• [Records from a dataset]

*** Begin section ***

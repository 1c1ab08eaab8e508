-- ===== src/Compat/Service/Announced.antt =====
-- crust/src/compat/service.rs: the order in which the owner of a service hears of its peers.
use crust_futures.Base.{
  ℕ, ◌≡◌, refl, sym, subst, List, [], Option, none, some, true, false, Result, ok, err, Bool-cases,
  inl, inr,
}
use crust_futures.Addr.{IpAddr, SocketAddr, CrustUser, Uid}
use crust_futures.Net.{IoError}
use crust_futures.Compat.Event.{
  bootstrap_accept, bootstrap_connect, bootstrap_failed, connect_success, connect_failure,
}
use crust_futures.Compat.Map
use crust_futures.Compat.Map.{State}
use crust_futures.Compat.Map.Announced.{
  InOrder, Tells, tell-Tells, insert-Tells, finish-Tells, receive-Tells, remove-Tells, send-Tells,
  whitelist_filter-Tells, clear-Tells,
}
use crust_futures.Compat.Service
use crust_futures.Compat.Service.{ServiceState}
use crust_futures.Compat.Service.Refines.{accept_on-cm, listen_on-cm}
use crust_futures.Compat.Service.Runs
use crust_futures.Compat.Service.Runs.{Command, Step, Run}

module _ {U B : Type 0} (uids : Uid U) where
  call-Tells :
      (c : Command U B) (s : ServiceState U B) → Tells s.cm → Tells (Runs.call_box uids c s).cm
  unfolding Runs.call_box Service.start_service_discovery Service.set_service_discovery_listen
      Service.set_accept_bootstrap Service.start_bootstrap Service.stop_bootstrap
      Service.start_listening_tcp Service.stop_tcp_listener Service.prepare_connection_info
      Service.connect Service.disconnect Service.send
  call-Tells Command.start_service_discovery s t = t
  call-Tells (Command.set_service_discovery_listen false started) s t = t
  call-Tells (Command.set_service_discovery_listen true (ok port)) s t = t
  call-Tells (Command.set_service_discovery_listen true (err e)) s t = t
  call-Tells (Command.set_accept_bootstrap true) s t =
      subst Tells (sym (accept_on-cm uids s.bootstrap_acceptor s)) t
  call-Tells (Command.set_accept_bootstrap false) s t = t
  call-Tells (Command.start_bootstrap blacklist user) s t = t
  call-Tells Command.stop_bootstrap s t = t
  call-Tells Command.start_listening_tcp s t =
      subst Tells (sym (listen_on-cm uids s.tcp_listener s)) t
  call-Tells Command.stop_tcp_listener s t = t
  call-Tells (Command.prepare_connection_info token) s t = t
  call-Tells (Command.connect uid) s t = t
  call-Tells (Command.disconnect uid) s t = remove-Tells uids uid s.cm t
  call-Tells (Command.send accepts uid msg priority) s t =
      send-Tells uids accepts uid msg priority s.cm t

  filter-Tells :
      (client_ips node_ips : Option (List IpAddr)) (cm : State U B)
      → Tells cm
      → Tells (Service.filter_peers uids client_ips node_ips cm)
  unfolding Service.filter_peers
  filter-Tells none none cm t = t
  filter-Tells none (some ns) cm t = whitelist_filter-Tells uids [] ns cm t
  filter-Tells (some cs) none cm t = whitelist_filter-Tells uids cs [] cm t
  filter-Tells (some cs) (some ns) cm t = whitelist_filter-Tells uids cs ns cm t

  listener-Tells :
      (n : ℕ) (res : Result IoError ℕ) (s : ServiceState U B)
      → Tells s.cm
      → Tells (Service.listener_started_step n res s).cm
  unfolding Service.listener_started_step
  listener-Tells n (ok port) s t = tell-Tells s.cm _ t tt
  listener-Tells n (err e) s t = t

  -- An inserted peer is told of only if it is new; one that is not new leaves the map as it is.
  accept_inserted :
      (uid : U) (kind : CrustUser) (addr : SocketAddr) (s : State U B)
      → (Map.insert_peer uids uid kind addr s).1 ≡ false
      → (Map.insert_peer uids uid kind addr s).0 ≡ s
  unfolding Map.insert_peer
  accept_inserted uid kind addr s h = elim (Bool-cases (Map.contains_peer uids uid s)) [
    | inl e ↦ rw e refl
    | inr e ↦ let clash : true ≡ false = rw e at h in cc
  ]

module _ {U B E : Type 0} (uids : Uid U) where
  accepted-Tells :
      (uid : U) (kind : CrustUser) (addr : Result E SocketAddr) (s : ServiceState U B)
      → Tells s.cm
      → Tells (Service.accepted_step uids uid kind addr s).cm
  unfolding Service.accepted_step Service.insert Service.send_event
  accepted-Tells uid kind (err e) s t = t
  accepted-Tells uid kind (ok addr) s t =
      elim (Bool-cases (Map.insert_peer uids uid kind addr s.cm).1) [
        | inl e ↦ rw e (insert-Tells uids uid kind addr (bootstrap_accept uid kind) s.cm refl tt t)
        | inr e ↦ rw e (subst Tells (sym (accept_inserted uids uid kind addr s.cm e)) t)
      ]

  bootstrapped-Tells :
      (n : ℕ) (res : Result E (U × CrustUser × Result E SocketAddr)) (s : ServiceState U B)
      → Tells s.cm
      → Tells (Service.bootstrapped_step uids n res s).cm
  unfolding Service.bootstrapped_step Service.insert Service.send_event
  bootstrapped-Tells n (err e) s t = tell-Tells s.cm bootstrap_failed t tt
  bootstrapped-Tells n (ok (uid, kind, err e)) s t = tell-Tells s.cm bootstrap_failed t tt
  bootstrapped-Tells n (ok (uid, kind, ok addr)) s t =
      insert-Tells uids uid kind addr (bootstrap_connect uid addr) s.cm refl tt t

  connected-Tells :
      (n : ℕ) (uid : U) (res : Result E (CrustUser × Result E SocketAddr)) (s : ServiceState U B)
      → Tells s.cm
      → Tells (Service.connected_step uids n uid res s).cm
  unfolding Service.connected_step Service.insert Service.send_event
  connected-Tells n uid (err e) s t = tell-Tells s.cm (connect_failure uid) t tt
  connected-Tells n uid (ok (kind, err e)) s t = tell-Tells s.cm (connect_failure uid) t tt
  connected-Tells n uid (ok (kind, ok addr)) s t =
      insert-Tells uids uid kind addr (connect_success uid) s.cm refl tt t

  Step-Tells : {s u : ServiceState U B} → Step E uids s u → Tells s.cm → Tells u.cm
  unfolding Service.config_updated Service.prepared_step Service.drop
  Step-Tells {s} (Step.calls c) t = call-Tells uids c s t
  Step-Tells {s} (Step.updates c) t =
      filter-Tells uids c.whitelisted_client_ips c.whitelisted_node_ips s.cm t
  Step-Tells {s} (Step.accepts r uid kind addr m j) t = accepted-Tells uid kind addr s t
  Step-Tells {s} (Step.bootstraps r blacklist discover user res m j) t =
      bootstrapped-Tells r.id res s t
  Step-Tells {s} (Step.listens r res m j) t = listener-Tells uids r.id res s t
  Step-Tells {s} (Step.prepares r token res m j) t = tell-Tells s.cm _ t tt
  Step-Tells {s} (Step.connects r uid res m j) t = connected-Tells r.id uid res s t
  Step-Tells (Step.ends r m n) t = t
  Step-Tells {s} (Step.receives r msg m) t = receive-Tells uids r msg s.cm t m
  Step-Tells {s} (Step.finishes r m) t = finish-Tells uids r s.cm t m
  Step-Tells {s} Step.drops t = clear-Tells uids s.cm t

  Run-Tells : {s u : ServiceState U B} → Run E uids s u → Tells s.cm → Tells u.cm
  Run-Tells Run.here t = t
  Run-Tells (Run.next r st) t = Step-Tells st (Run-Tells r t)

  -- From the start of a service on, its owner hears of a peer's message or loss only behind an event
  -- that tells that peer to be connected: an accepted bootstrap, a bootstrap or a connection.
  pub Run-InOrder :
      {s : ServiceState U B} → Run E uids (Service.new uids) s → InOrder [] s.cm.events
  unfolding Service.new Map.new
  Run-InOrder r = (Run-Tells r (record { told = tt; known = tt })).told
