-- ===== src/Compat/Service/Faults.antt =====
-- crust/src/compat/service.rs: what goes on after a failure.
use crust_futures.Base.{
  ℕ, ◌≡◌, ◌⊎◌, inl, inr, refl, ap, List, [], Option, none, some, true, false, err, Memᴰ,
  of_Memᴰ-keep, contains,
}
use crust_futures.Addr.{IpAddr, CrustUser, node, client, Uid}
use crust_futures.Net.{IoError}
use crust_futures.Config.{ConfigSettings, is_peer_whitelisted, on_whitelist}
use crust_futures.Compat.Map
use crust_futures.Compat.Service
use crust_futures.Compat.Service.{ServiceState}

module _ {U B : Type 0} where
  listen_anew :
      (o : Option ℕ) (e : IoError) (s : ServiceState U B)
      → o ≡ none
      → let s' : ServiceState U B =
          Service.listener_started_step s.next_task (err e) (Service.listen_on o s) in
        (s'.cm ≡ s.cm) × (Service.listen_on s'.tcp_listener s' ≡ s')
  unfolding Service.listen_on Service.listener_started_step Service.spawn
  listen_anew none e s h = (refl, refl)
  listen_anew (some n) e s h = cc

  -- A listener that fails to start sends no event, and its handle stays in the state, so that a
  -- further request to listen changes nothing.
  pub failed_listener_stays :
      (e : IoError) (s : ServiceState U B)
      → s.tcp_listener ≡ none
      → let s' : ServiceState U B =
          Service.listener_started_step s.next_task (err e) (Service.start_listening_tcp s) in
        (s'.cm ≡ s.cm) × (Service.start_listening_tcp s' ≡ s')
  unfolding Service.start_listening_tcp
  failed_listener_stays e s h = listen_anew s.tcp_listener e s h

CrustUser-cases : (k : CrustUser) → (k ≡ node) ⊎ (k ≡ client)
CrustUser-cases node = inl refl
CrustUser-cases client = inr refl

listed_client :
    (ns : List IpAddr) (w : Map.PeerWrapper) → Map.is_listed [] ns w ≡ true → w.kind ≡ node
unfolding Map.is_listed contains
listed_client ns w h = elim (CrustUser-cases w.kind) [
  | inl e ↦ e
  | inr e ↦ let z : false ≡ true = rw e at h in cc
]

module _ {U B : Type 0} (uids : Uid U) where
  filtered :
      (ns : List IpAddr) (client_ips node_ips : Option (List IpAddr)) (cm : Map.State U B)
      (e : U × Map.PeerWrapper)
      → client_ips ≡ none
      → node_ips ≡ some ns
      → Memᴰ e (Service.filter_peers uids client_ips node_ips cm).map
      → e.1.kind ≡ node
  unfolding Service.filter_peers Map.whitelist_filter
  filtered ns none none cm e a b m = cc
  filtered ns none (some l) cm e a b m =
      listed_client l e.1 (of_Memᴰ-keep (λ e. Map.is_listed [] l e.1) cm.map e m).1
  filtered ns (some l) o cm e a b m = cc

  -- With a white list of nodes and none of clients, every client is let in, whatever its address, but
  -- at a change of the settings none is left in the map.
  pub one_list_disconnects :
      (c : ConfigSettings) (ns : List IpAddr) (ip : IpAddr) (s : ServiceState U B)
      (e : U × Map.PeerWrapper)
      → c.whitelisted_client_ips ≡ none
      → c.whitelisted_node_ips ≡ some ns
      → Memᴰ e (Service.config_updated uids c s).cm.map
      → (is_peer_whitelisted c ip client ≡ true) × (e.1.kind ≡ node)
  unfolding Service.config_updated is_peer_whitelisted on_whitelist
  one_list_disconnects c ns ip s e a b m = (
    ap (λ o. on_whitelist o ip) a,
    filtered ns c.whitelisted_client_ips c.whitelisted_node_ips s.cm e a b m,
  )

*** End section ***

• [EXERCISE DETAILS] Would you restate word for word every line from the one holding "unfolding Service.config_updated is_peer_whitelisted" to the end of the entries, both ends included?

• [SOLVED PROBLEM]
  unfolding Service.config_updated is_peer_whitelisted on_whitelist
  one_list_disconnects c ns ip s e a b m = (
    ap (λ o. on_whitelist o ip) a,
    filtered ns c.whitelisted_client_ips c.whitelisted_node_ips s.cm e a b m,
  )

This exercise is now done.